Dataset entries

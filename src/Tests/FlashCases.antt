-- ===== src/Tests/FlashCases.antt =====
-- Downloads at concrete inputs.
use mathlib.Core.List.{flatten}
use zephyr_uds.Base.{
  ◌+◌, ◌≡◌, ◌↔◌, refl, [], ◌∷◌, u8, u32, ◌/◌, Buffer, holding, copy, slice, arith,
}
use zephyr_uds.Base.{ℕ, List, ◌++◌}
use zephyr_uds.Types.{physical}
use zephyr_uds.Server.Machine.{received, run, power_on}
use zephyr_uds.Server.Flashing.{blocks, answered}
use zephyr_uds.Server.Flashing.Download.{request_in, tester_programs}
use zephyr_uds.Tests.Bench.{bench_os}
use zephyr_uds.Tests.ServerBench.{unlocked_server}
use zephyr_uds.Types.{programming_session, unlocked, success, failure, eio, send, nrc}
use zephyr_uds.Types.Nrc
use zephyr_uds.Platform.{App, default_config}
use zephyr_uds.Flash.{Flash, idle, transferring, init, read_field, request_download, transfer_data}
use zephyr_uds.Flash.Gate.{DownloadAllowed, download_address, download_size, download_accepted_iff}
use zephyr_uds.Flash.Stream.{Writable, acknowledgements}
use zephyr_uds.Flash.Download.{refused_download_redirects}
use zephyr_uds.Tests.Bench.{World, blank, bench_app, zeros}

-- One byte of address and one of size: 4 bytes at 0x20.
abbrev small_download : Buffer
small_download = holding (0x34 ∷ 0x00 ∷ 0x11 ∷ 0x20 ∷ 0x04 ∷ [])

abbrev under_way : Flash
under_way = record {
  pipeline_state = transferring;
  memory_address = 0x20;
  memory_size = 8;
  bytes_received = 2;
  expected_block_counter = 255;
}

abbrev no_erase : App World
no_erase = record bench_app { flash_erase_target = λ w address size. (w, failure eio) }

small_download-DownloadAllowed :
    DownloadAllowed default_config bench_app programming_session unlocked small_download 5
small_download-DownloadAllowed = record {
  in_session = ground arith;
  access = refl;
  not_short = omega arith;
  whole = refl;
}

small_download-DownloadAllowed-no_erase :
    DownloadAllowed default_config no_erase programming_session unlocked small_download 5
small_download-DownloadAllowed-no_erase = record {
  in_session = ground arith;
  access = refl;
  not_short = omega arith;
  whole = refl;
}

download_accepted_iff_example :
    let (f, r) =
      request_download default_config bench_app programming_session unlocked blank init
        small_download 5 zeros in
    (r.out
      ≡ send (
          u8 (small_download 0 + 0x40)
          ∷ 0x20
          ∷ u8 (default_config.buff_size / 256)
          ∷ u8 default_config.buff_size
          ∷ [])
        ∷ [])
    ↔ (DownloadAllowed default_config bench_app programming_session unlocked small_download 5
        × ((bench_app.flash_erase_target blank
              (download_address default_config bench_app small_download)
              (download_size default_config bench_app small_download)).1
            ≡ success))
download_accepted_iff_example =
    download_accepted_iff default_config bench_app programming_session unlocked blank init
      small_download 5 zeros

bench_app-Writable : Writable bench_app (λ w. w.memory) 0 65536
bench_app-Writable = record { writes = λ w offset payload low high. (refl, refl) }

-- A download by messages, in the programming session with access.
abbrev download_body : List ℕ
download_body = 0x00 ∷ 0x11 ∷ 0x20 ∷ 0x04 ∷ []

abbrev two_blocks : List (List ℕ)
two_blocks = (1 ∷ 2 ∷ []) ∷ (3 ∷ 4 ∷ []) ∷ []

unlocked_server-DownloadAllowed :
    DownloadAllowed default_config bench_app unlocked_server.session unlocked_server.security.status
      (request_in default_config bench_os bench_app unlocked_server (0x34 ∷ download_body))
      5
unfolding power_on
unlocked_server-DownloadAllowed = record {
  in_session = ground arith;
  access = refl;
  not_short = omega arith;
  whole = refl;
}

tester_programs_example :
    let (s', calls) = run default_config bench_os bench_app unlocked_server (
      received physical (0x34 ∷ download_body)
      ∷ (blocks 1 two_blocks ++ received physical (0x37 ∷ []) ∷ [])) in
    (s'.world.memory
      ≡ copy blank.memory
          (download_address default_config bench_app
            (request_in default_config bench_os bench_app unlocked_server (0x34 ∷ download_body)))
          (flatten two_blocks))
    × (s'.flash.pipeline_state ≡ idle)
    × (s'.session ≡ unlocked_server.session)
    × (s'.security ≡ unlocked_server.security)
    × (calls
        ≡ answered default_config (
            send (0x74 ∷ 0x20 ∷ 15 ∷ 255 ∷ [])
            ∷ (acknowledgements 1 two_blocks ++ send (0x77 ∷ []) ∷ [])))
unfolding power_on
tester_programs_example =
    tester_programs default_config bench_os bench_app (λ w. w.memory) 0 65536 bench_app-Writable
      (omega arith) unlocked_server download_body (1 ∷ 2 ∷ []) ((3 ∷ 4 ∷ []) ∷ [])
      unlocked_server-DownloadAllowed refl (omega arith, (omega arith, tt))
      (unfold read_field in omega arith) (unfold flatten read_field in omega arith)

refused_download_redirects_example :
    let (f, r) =
      request_download default_config no_erase programming_session unlocked blank under_way
        small_download 5 zeros in
    let (f', r') = transfer_data no_erase r.world f (holding (0x36 ∷ 255 ∷ 7 ∷ [])) 3 zeros in
    (r.out ≡ nrc 0x34 Nrc.upload_download_not_accepted ∷ [])
    × (f.pipeline_state ≡ transferring)
    × (r'.world
        ≡ (no_erase.flash_write_block r.world
            (u32 (download_address default_config no_erase small_download + 2))
            (slice 2 1 (holding (0x36 ∷ 255 ∷ 7 ∷ [])))).0)
refused_download_redirects_example =
    refused_download_redirects default_config no_erase programming_session unlocked blank under_way
      small_download 5 zeros eio (holding (0x36 ∷ 255 ∷ 7 ∷ [])) 3
      small_download-DownloadAllowed-no_erase refl refl (omega arith) refl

#### REQUIRED WORK:
Would you write the records out again, word for word?

#### WRITTEN RESPONSE:
filename src/Tests/FlashCases.antt
-- ===== src/Tests/FlashCases.antt =====
-- Downloads at concrete inputs.
use mathlib.Core.List.{flatten}
use zephyr_uds.Base.{
  ◌+◌, ◌≡◌, ◌↔◌, refl, [], ◌∷◌, u8, u32, ◌/◌, Buffer, holding, copy, slice, arith,
}
use zephyr_uds.Base.{ℕ, List, ◌++◌}
use zephyr_uds.Types.{physical}
use zephyr_uds.Server.Machine.{received, run, power_on}
use zephyr_uds.Server.Flashing.{blocks, answered}
use zephyr_uds.Server.Flashing.Download.{request_in, tester_programs}
use zephyr_uds.Tests.Bench.{bench_os}
use zephyr_uds.Tests.ServerBench.{unlocked_server}
use zephyr_uds.Types.{programming_session, unlocked, success, failure, eio, send, nrc}
use zephyr_uds.Types.Nrc
use zephyr_uds.Platform.{App, default_config}
use zephyr_uds.Flash.{Flash, idle, transferring, init, read_field, request_download, transfer_data}
use zephyr_uds.Flash.Gate.{DownloadAllowed, download_address, download_size, download_accepted_iff}
use zephyr_uds.Flash.Stream.{Writable, acknowledgements}
use zephyr_uds.Flash.Download.{refused_download_redirects}
use zephyr_uds.Tests.Bench.{World, blank, bench_app, zeros}

-- One byte of address and one of size: 4 bytes at 0x20.
abbrev small_download : Buffer
small_download = holding (0x34 ∷ 0x00 ∷ 0x11 ∷ 0x20 ∷ 0x04 ∷ [])

abbrev under_way : Flash
under_way = record {
  pipeline_state = transferring;
  memory_address = 0x20;
  memory_size = 8;
  bytes_received = 2;
  expected_block_counter = 255;
}

abbrev no_erase : App World
no_erase = record bench_app { flash_erase_target = λ w address size. (w, failure eio) }

small_download-DownloadAllowed :
    DownloadAllowed default_config bench_app programming_session unlocked small_download 5
small_download-DownloadAllowed = record {
  in_session = ground arith;
  access = refl;
  not_short = omega arith;
  whole = refl;
}

small_download-DownloadAllowed-no_erase :
    DownloadAllowed default_config no_erase programming_session unlocked small_download 5
small_download-DownloadAllowed-no_erase = record {
  in_session = ground arith;
  access = refl;
  not_short = omega arith;
  whole = refl;
}

download_accepted_iff_example :
    let (f, r) =
      request_download default_config bench_app programming_session unlocked blank init
        small_download 5 zeros in
    (r.out
      ≡ send (
          u8 (small_download 0 + 0x40)
          ∷ 0x20
          ∷ u8 (default_config.buff_size / 256)
          ∷ u8 default_config.buff_size
          ∷ [])
        ∷ [])
    ↔ (DownloadAllowed default_config bench_app programming_session unlocked small_download 5
        × ((bench_app.flash_erase_target blank
              (download_address default_config bench_app small_download)
              (download_size default_config bench_app small_download)).1
            ≡ success))
download_accepted_iff_example =
    download_accepted_iff default_config bench_app programming_session unlocked blank init
      small_download 5 zeros

bench_app-Writable : Writable bench_app (λ w. w.memory) 0 65536
bench_app-Writable = record { writes = λ w offset payload low high. (refl, refl) }

-- A download by messages, in the programming session with access.
abbrev download_body : List ℕ
download_body = 0x00 ∷ 0x11 ∷ 0x20 ∷ 0x04 ∷ []

abbrev two_blocks : List (List ℕ)
two_blocks = (1 ∷ 2 ∷ []) ∷ (3 ∷ 4 ∷ []) ∷ []

unlocked_server-DownloadAllowed :
    DownloadAllowed default_config bench_app unlocked_server.session unlocked_server.security.status
      (request_in default_config bench_os bench_app unlocked_server (0x34 ∷ download_body))
      5
unfolding power_on
unlocked_server-DownloadAllowed = record {
  in_session = ground arith;
  access = refl;
  not_short = omega arith;
  whole = refl;
}

tester_programs_example :
    let (s', calls) = run default_config bench_os bench_app unlocked_server (
      received physical (0x34 ∷ download_body)
      ∷ (blocks 1 two_blocks ++ received physical (0x37 ∷ []) ∷ [])) in
    (s'.world.memory
      ≡ copy blank.memory
          (download_address default_config bench_app
            (request_in default_config bench_os bench_app unlocked_server (0x34 ∷ download_body)))
          (flatten two_blocks))
    × (s'.flash.pipeline_state ≡ idle)
    × (s'.session ≡ unlocked_server.session)
    × (s'.security ≡ unlocked_server.security)
    × (calls
        ≡ answered default_config (
            send (0x74 ∷ 0x20 ∷ 15 ∷ 255 ∷ [])
            ∷ (acknowledgements 1 two_blocks ++ send (0x77 ∷ []) ∷ [])))
unfolding power_on
tester_programs_example =
    tester_programs default_config bench_os bench_app (λ w. w.memory) 0 65536 bench_app-Writable
      (omega arith) unlocked_server download_body (1 ∷ 2 ∷ []) ((3 ∷ 4 ∷ []) ∷ [])
      unlocked_server-DownloadAllowed refl (omega arith, (omega arith, tt))
      (unfold read_field in omega arith) (unfold flatten read_field in omega arith)

refused_download_redirects_example :
    let (f, r) =
      request_download default_config no_erase programming_session unlocked blank under_way
        small_download 5 zeros in
    let (f', r') = transfer_data no_erase r.world f (holding (0x36 ∷ 255 ∷ 7 ∷ [])) 3 zeros in
    (r.out ≡ nrc 0x34 Nrc.upload_download_not_accepted ∷ [])
    × (f.pipeline_state ≡ transferring)
    × (r'.world
        ≡ (no_erase.flash_write_block r.world
            (u32 (download_address default_config no_erase small_download + 2))
            (slice 2 1 (holding (0x36 ∷ 255 ∷ 7 ∷ [])))).0)
refused_download_redirects_example =
    refused_download_redirects default_config no_erase programming_session unlocked blank under_way
      small_download 5 zeros eio (holding (0x36 ∷ 255 ∷ 7 ∷ [])) 3
      small_download-DownloadAllowed-no_erase refl refl (omega arith) refl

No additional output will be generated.